** Opening PROVIDED ENTRIES block **

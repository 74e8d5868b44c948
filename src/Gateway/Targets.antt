-- ===== src/Gateway/Targets.antt =====
-- dev-gateway/main.go, the director: where a request can go.
use home_stack.Prelude.{true, ◌≡◌, ◌≢◌, ◌⊎◌, String, ◌<>◌}
use home_stack.Gateway.{GatewayEntry, entry_enabled}

-- An entry is enabled, has a host that is the request's or a wildcard that the request's ends in, and
-- is not the gateway's own.
abbrev pub IsTarget : String → GatewayEntry → String → Type 0
IsTarget name svc host =
    (name ≢ "dev-gateway")
    × (svc.host ≢ "")
    × (entry_enabled svc ≡ true)
    × ((svc.host ≡ host)
        ⊎ ((stem : String) × (tail : String) × (svc.host ≡ "*." <> tail)
            × (host ≡ stem <> "." <> tail)))

-- The host's own text, or a wildcard over it.
abbrev IsCovered : String → String → Type 0
IsCovered pattern host =
    (pattern ≡ host)
    ⊎ ((stem : String) × (tail : String) × (pattern ≡ "*." <> tail) × (host ≡ stem <> "." <> tail))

** Closing PROVIDED ENTRIES block **

WHAT NEEDS TO BE DONE - What is needed is each line from the records with the word "tail" in it.

ANSWER FOR THIS EXERCISE -
        ⊎ ((stem : String) × (tail : String) × (svc.host ≡ "*." <> tail)
            × (host ≡ stem <> "." <> tail)))
    ⊎ ((stem : String) × (tail : String) × (pattern ≡ "*." <> tail) × (host ≡ stem <> "." <> tail))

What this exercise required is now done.